0
votes

Can you please help me with the following situation in Google BigQuery? I am trying to determine if there are negative values in a table column called Year (i.e. -1999).

I have searched the web far and wide with numerous types of questions (including StackOverflow). From all this I found out that it could be done with the use of CASE. So I wrote the code you see below.

SELECT
    CASE WHEN Year <0 THEN 1 ELSE 0 END
    FROM `project.dataset.datatable`

But unfortunatly, when run the code gives the following error: No matching signature for operator < for argument types: STRING, INT64. Supported signatures: ANY < ANY at [2:15]

This I thought could be because the Year column is defined as a STRING instead of INTEGER. So I tried to use the this code to format the values as INT.

SELECT 
    CAST(Year AS INT64) AS Year_INT
    FROM `project.dataset.datatable`

The code works, as in it shows the values. But there are only 100 values instead of the 103 that standard SELECT DISTINCT shows. So this looks like something is wrong.

(!) Column name and table name, dataset name and project name are not real. They were replaced by me for privacy restrictions.

I wish for the query to show me all negative years, if any.
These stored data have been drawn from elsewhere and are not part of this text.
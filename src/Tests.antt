-- ===== src/Tests.antt =====
-- Tests of the model on small inputs, and the theorems at concrete inputs.
mod Inputs
mod Keys
mod Collections
mod Lists
mod Moves
mod PubSub
mod Scores
mod Streams
mod Groups
mod Snapshot
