-- ===== src/Tests/Inputs.antt =====
-- A small key space: a string, a hash, a set and a list, and a string that expires at time 10.
use burner_redis.Prelude.{[], ◌∷◌, none, some, false}
use burner_redis.Value.{Bytes, ValueData, ValueEntry, string, hash, set, list}
use burner_redis.PubSub.{new_registry}
use burner_redis.Store.{Data, Store}

abbrev pub name : Bytes
name = b'n' ∷ []

abbrev pub table : Bytes
table = b't' ∷ []

abbrev pub group : Bytes
group = b'g' ∷ []

abbrev pub queue : Bytes
queue = b'q' ∷ []

abbrev pub session : Bytes
session = b's' ∷ []

abbrev pub missing : Bytes
missing = b'm' ∷ []

abbrev pub a : Bytes
a = b'a' ∷ []

abbrev pub b : Bytes
b = b'b' ∷ []

abbrev pub five : Bytes
five = b'5' ∷ []

abbrev pub permanent : ValueData → ValueEntry
permanent v = record { value = v; expires_at = none }

abbrev pub m : Data
m =
    (name, permanent (string a))
    ∷ (table, permanent (hash ((a, five) ∷ [])))
    ∷ (group, permanent (set ((a, tt) ∷ [])))
    ∷ (queue, record { value = list (a ∷ b ∷ a ∷ []); expires_at = some 100 })
    ∷ (session, record { value = string b; expires_at = some 10 })
    ∷ []

abbrev pub s : Store
s = record {
  data_map = m;
  pubsub = new_registry;
  stream_notify = 0;
  list_notify = 0;
  shutdown = false;
}
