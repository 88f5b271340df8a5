-- ===== src/Tests/Collections.antt =====
-- The commands on hashes and sets, on the small key space.
use burner_redis.Prelude.{ℕ, ◌+◌, ◌≡◌, refl, some, [], ◌∷◌, true, if◌then◌else◌, ite}
use burner_redis.Prelude.Int.{pos, negsuc, in_i64, ◌+ℤ◌, ℤ}
use burner_redis.Prelude.Key.{bytes_key, bytes_discrete}
use burner_redis.Map
use burner_redis.Value.{hash, set, is_expired, ok, err, wrong_type, syntax, Bytes}
use burner_redis.Store.{upsert, expired_at}
use burner_redis.Store.View.{live}
use burner_redis.Decimal.{to_string, parse_i64}
use burner_redis.Hash.{FieldMap, hset, hget, hdel, hincrby, hincrby_value}
use burner_redis.Hash.Fields.{assigned}
use burner_redis.Hash.Commands.{hash_view, hset_lem, hash_wrong_type}
use burner_redis.Hash.Increment.{hincrby_lem}
use burner_redis.Sets.{sadd, srem, sismember}
use burner_redis.Tests.Inputs.{permanent, missing, name, table, group, a, b, five, m}

program : Unit {0}
unfolding Map.get Map.insert Map.remove Map.contains_key bytes_discrete is_expired live upsert
    expired_at hset hget hdel hincrby sadd srem sismember to_string parse_i64 hincrby_value
program = tt

hset-table : (hset 3 table ((b, a) ∷ (a, b) ∷ []) m).0 ≡ ok 1
unfolding program
hset-table = refl

hincrby-table : (hincrby 3 table a (negsuc 6) m).0 ≡ ok (negsuc 1)
unfolding program
hincrby-table = refl

hincrby-name : (hincrby 3 name a (pos 1) m).0 ≡ err wrong_type
unfolding program
hincrby-name = refl

-- With no field HSET leaves an empty hash behind, and with no member SADD an empty set.
hset_nothing : live 3 missing (hset 3 missing [] m).1 ≡ some (permanent (hash []))
unfolding program
hset_nothing = refl

sadd_nothing : live 3 missing (sadd 3 missing [] m).1 ≡ some (permanent (set []))
unfolding program
sadd_nothing = refl

sadd-group : (sadd 3 group (b ∷ a ∷ b ∷ []) m).0 ≡ ok 1
unfolding program
sadd-group = refl

hset_lem_example :
    (n : ℕ) × (h' : FieldMap) × ((hset 3 table ((b, a) ∷ (a, b) ∷ []) m).0 ≡ ok n)
    × (hash_view (live 3 table (hset 3 table ((b, a) ∷ (a, b) ∷ []) m).1) ≡ some h')
    × (n + 1 ≡ Map.len h')
    × ((f : Bytes) → Map.get f h' ≡ assigned f ((b, a) ∷ (a, b) ∷ []) (Map.get f ((a, five) ∷ [])))
unfolding program
hset_lem_example = hset_lem 3 table ((b, a) ∷ (a, b) ∷ []) m ((a, five) ∷ []) refl

hash_wrong_type_example :
    (hset 3 name ((a, b) ∷ []) m ≡ (err wrong_type, m))
    × (hget 3 name a m ≡ (err wrong_type, m))
    × (hincrby 3 name a (pos 1) m ≡ (err wrong_type, m))
    × ((hdel 3 name (a ∷ []) m).0 ≡ err wrong_type)
unfolding program
hash_wrong_type_example = hash_wrong_type 3 name a ((a, b) ∷ []) (a ∷ []) (pos 1) m refl

hincrby_lem_example :
    (in_i64 (negsuc 1) ≡ true)
    × ((g : Bytes)
        → (hget 3 table g (hincrby 3 table a (negsuc 6) m).1).0
          ≡ ok
              (ite (bytes_discrete a g) (some (to_string (negsuc 1))) (Map.get g ((a, five) ∷ []))))
    × ((z : ℤ)
        → (hincrby 3 table a z (hincrby 3 table a (negsuc 6) m).1).0 ≡ (
            if in_i64 (negsuc 1 +ℤ z)
            then ok (negsuc 1 +ℤ z)
            else err (syntax "ERR increment or decrement would overflow")))
unfolding program
hincrby_lem_example = hincrby_lem 3 table a m ((a, five) ∷ []) refl (negsuc 6) (negsuc 1) refl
For example, if the Year column contains the year -1999 (data quality issue) then the string should bring it forward, and others like it.

2

2 Answers

2
votes

This will work like your description

SELECT Year
FROM `project.dataset.datatable`
WHERE CAST(Year AS INT64) < 0
2
votes

Instead of CASTing value to INT you can search the string directly for a hyphen:

where year like '%-%'

This is probably cheaper than casting.